Un jour un grand marchand parisien d’art premier fait découvrir à Armand Avril une marionnette Bozo du Mali. C’est une révélation, un véritable coup de foudre.
La statuaire primitive est pour Armand Avril à la base de l’art moderne, sa référence est l’une des genèses de la peinture et de la sculpture occidentale du XXe siècle et il n’a eu de cesse, sa vie durant, de posséder, pour les côtoyer quotidiennement, les pièces qu’il pouvait acquérir et avoir sur elles un simple regard d’artiste, sans se soucier de leurs histoires.
Aujourd’hui le Centre d’Art la Falaise dévoile et présente la fabuleuse collection que l’artiste a cumulé au fil des années en dialogue avec ses œuvres.
Armand AVRIL
A Cotignac, le village du haut-Var où il vit et travaille depuis 1962, il est une « figure » dont le verbe sonore emplit la promenade du cours et la place de la Mairie. Qui ne connaît pas cet artiste solitaire au tempérament de feu qui habite la falaise, sa terre troglodyte, dans un abri intégralement consacré à la création ?
Un repère indescriptible, où ferrailles, bois, tissus, bouteilles, plastiques, tuiles, carreaux, pinces à linge, bouchons, s’amoncellent.

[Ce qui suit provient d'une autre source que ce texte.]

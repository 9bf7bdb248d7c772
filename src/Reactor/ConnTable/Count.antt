-- ===== src/Reactor/ConnTable/Count.antt =====
-- The counter of connections against the table.
use rins.Prelude.{
  ℕ, zero, suc, ◌+◌, ◌^◌, ◌≤◌, ◌<◌, ◌≡◌, refl, sym, ap, ◌∙◌, if◌then◌else◌, Bool, true, false,
  Option-cases, inl, inr, List, [], ◌∷◌, length, length-set, set, get_elem?, replicate,
  length-replicate, some, ok, fault, out_of_bounds, arith,
}
use rins.Reactor.ConnTable.{
  Entry, unset, null, conn, ConnTable, read_entry, new_table, increase_conn, decrease_conn,
  get_conn_num, conn_at,
}

-- There is a connection in the entry; one that nothing has written has none.
unfoldable pub is_conn : Entry → Bool
is_conn unset = false
is_conn null = false
is_conn (conn name) = true

-- The entries with a connection.
unfoldable pub occupied : List Entry → ℕ
occupied [] = 0
occupied (e ∷ conns) = (if is_conn e then 1 else 0) + occupied conns

-- The tables that come about when a connection is entered only under a descriptor that has none,
-- and taken out only where there is one, as the kernel hands descriptors out.
pub data Reaches : ConnTable → Type 0 where
  starts : (max_conns : ℕ) → max_conns + 3 < 2 ^ 31 → Reaches (new_table max_conns)
  enters :
      (connfd name : ℕ) (e : Entry) (t u : ConnTable)
      → Reaches t
      → get_elem? t.conns connfd ≡ some e
      → is_conn e ≡ false
      → increase_conn connfd name t ≡ ok u
      → Reaches u
  leaves :
      (connfd name : ℕ) (t u : ConnTable)
      → Reaches t
      → conn_at connfd t ≡ ok (some name)
      → decrease_conn connfd t ≡ ok u
      → Reaches u

occupied-le : (conns : List Entry) → occupied conns ≤ length conns
unfolding occupied
occupied-le [] = omega arith
occupied-le (e ∷ conns) = ground (arith, occupied-le conns)

occupied-replicate : (n : ℕ) → occupied (replicate n unset) ≡ 0
unfolding occupied is_conn
occupied-replicate zero = refl
occupied-replicate (suc n) = omega (arith, occupied-replicate n)

-- A write of an entry changes the count by that entry.
occupied-set :
    (conns : List Entry) (i : ℕ) (e new : Entry)
    → get_elem? conns i ≡ some e
    → occupied (set conns i new) + (if is_conn e then 1 else 0)
      ≡ occupied conns + (if is_conn new then 1 else 0)
unfolding occupied
occupied-set [] i e new h = absurd (cc)
occupied-set (d ∷ conns) zero e new h = ground (arith, h)
occupied-set (d ∷ conns) (suc i) e new h = omega (arith, occupied-set conns i e new h)

conn_at-get :
    (fd name : ℕ) (t : ConnTable)
    → conn_at fd t ≡ ok (some name)
    → get_elem? t.conns fd ≡ some (conn name)
unfolding conn_at
conn_at-get fd name t h = elim (Option-cases (get_elem? t.conns fd)) [
  | inl e ↦
      (let missing : conn_at fd t ≡ fault out_of_bounds = rw (e, conn_at) refl in
        let never : fault out_of_bounds ≡ ok (some name) = sym missing ∙ h in absurd (cc))
  | inr (d, e) ↦
      (let present : conn_at fd t ≡ read_entry d = rw (e, conn_at) refl in
        e ∙ ap some (found d (sym present ∙ h)))
]
  where
    found : (d : Entry) → read_entry d ≡ ok (some name) → d ≡ conn name
    found unset q = absurd (cc)
    found null q = absurd (cc)
    found (conn m) q = cc

-- The counter is right, and the array has its size.
pub record Counts (t : ConnTable) : Type 0 where
  pub counted : get_conn_num t ≡ occupied t.conns
  pub size : length t.conns ≡ t.max_conns + 3
  pub small : t.max_conns + 3 < 2 ^ 31

increase_conn-Counts :
    (connfd name : ℕ) (e : Entry) (t u : ConnTable)
    → Counts t
    → get_elem? t.conns connfd ≡ some e
    → is_conn e ≡ false
    → increase_conn connfd name t ≡ ok u
    → Counts u
unfolding increase_conn get_conn_num is_conn
increase_conn-Counts connfd name e t u h found free r = ground (
  arith,
  occupied-set t.conns connfd e (conn name) found,
  occupied-le (set t.conns connfd (conn name)),
  length-set t.conns connfd (conn name),
)

decrease_conn-Counts :
    (connfd name : ℕ) (t u : ConnTable)
    → Counts t
    → get_elem? t.conns connfd ≡ some (conn name)
    → decrease_conn connfd t ≡ ok u
    → Counts u
unfolding decrease_conn get_conn_num is_conn
decrease_conn-Counts connfd name t u h e r = ground (
  arith,
  occupied-set t.conns connfd (conn name) null e,
  occupied-le t.conns,
  length-set t.conns connfd null,
)

-- After any sequence of calls of increase_conn for descriptors without a connection and of
-- decrease_conn for descriptors with one, get_conn_num gives the number of entries of conns that
-- have been written with a connection and not with null since, and the array keeps its maxConn + 3
-- entries, of which the constructor initialises none. The numbers of the array are below 2^31.
pub Reaches-Counts : {t : ConnTable} → Reaches t → Counts t
unfolding new_table get_conn_num
Reaches-Counts (starts n lt) = record {
  counted = sym (occupied-replicate (n + 3));
  size = length-replicate (n + 3) unset;
  small = lt;
}
Reaches-Counts (enters fd c e t u h found free r) =
    increase_conn-Counts fd c e t u (Reaches-Counts h) found free r
Reaches-Counts (leaves fd c t u h e r) =
    decrease_conn-Counts fd c t u (Reaches-Counts h) (conn_at-get fd c t e) r

-- The array has three entries more than connections are allowed: a larger descriptor is written
-- past its end.
increase_conn-Overruns :
    (connfd name : ℕ) {t : ConnTable}
    → Reaches t
    → t.max_conns + 3 ≤ connfd
    → increase_conn connfd name t ≡ fault out_of_bounds
unfolding increase_conn
increase_conn-Overruns connfd name h le = ground (arith, Reaches-Counts h)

Ce capharnau ?m est un Avril vivant, qui devine, dans cette anarchique disposition, une agglomération réfléchie et ordonnancée. Toutes espèces de récupération et de matériaux s’affrontent, se disputent un espace stratégique qui captera l’oeil de l’artiste, convaincra sa main de se saisir d’elles pour leurs donner vie dans ses montages. Il les plie à son imaginaire, les inscrit dans le champ de l’art.
Aujourd’hui, « dans 7 ans j’ai 100 ans », ce charpentier ne cesse de créer, d’interroger le monde, de construire des inventions ludiques et joyeuses qui créent du rêve. Armand Avril, le primitif, est un sorcier-forgeron à la plus large culture, qu‘aucune école n’a retenu mais qui a puisé chez les plus grands. Dans le sillage d’une connaissance et d’une culture torrentielles, il s’est imbibé des courants majeurs, de l’impressionnisme au cubisme, du fauvisme à l’expressionnisme.
Sa création doit sa singularité exceptionnelle à la formidable capacité du peintre à pétrir, malaxer, modeler, puis digérer sans aucun interdit ce gisement de savoirs et d’influences, pour restituer une oeuvre totalement et uniquement Avril.
Armand Avril, 93 ans, est nourri de liberté. Incorruptible, il se contorsionne, échappe au contrôle, laboure, sillonne, s’enfuit. Avril est un cinglé qui ne cesse jamais de regarder et dont la générosité créatrice est si abondante qu’elle est parfois exagérée. Son oeuvre, inscrite dans l’art du XX e siècle dans son rapport à l’objet qui devient un nouveau support de création, oscille entre un art évoquant « l’art singulier » et l’art populaire, dit « pauvre ». Voisin des univers de Louis Pons ou Gaston Chaissac, l’art d’Avril, apparemment hétéroclite et irrationnel est défendu depuis 50 ans par les collectionneurs avertis et par son ami Paul Gauzit à la galerie Le Lutrin à Lyon ; il est aujourd’hui acheté par les musées. Cet assembleur peut aller au bout du monde chercher ses totems ou simples images pour nourrir ses rêves et en faire des fresques, tableaux, bas-reliefs, reliquaires et inventaires.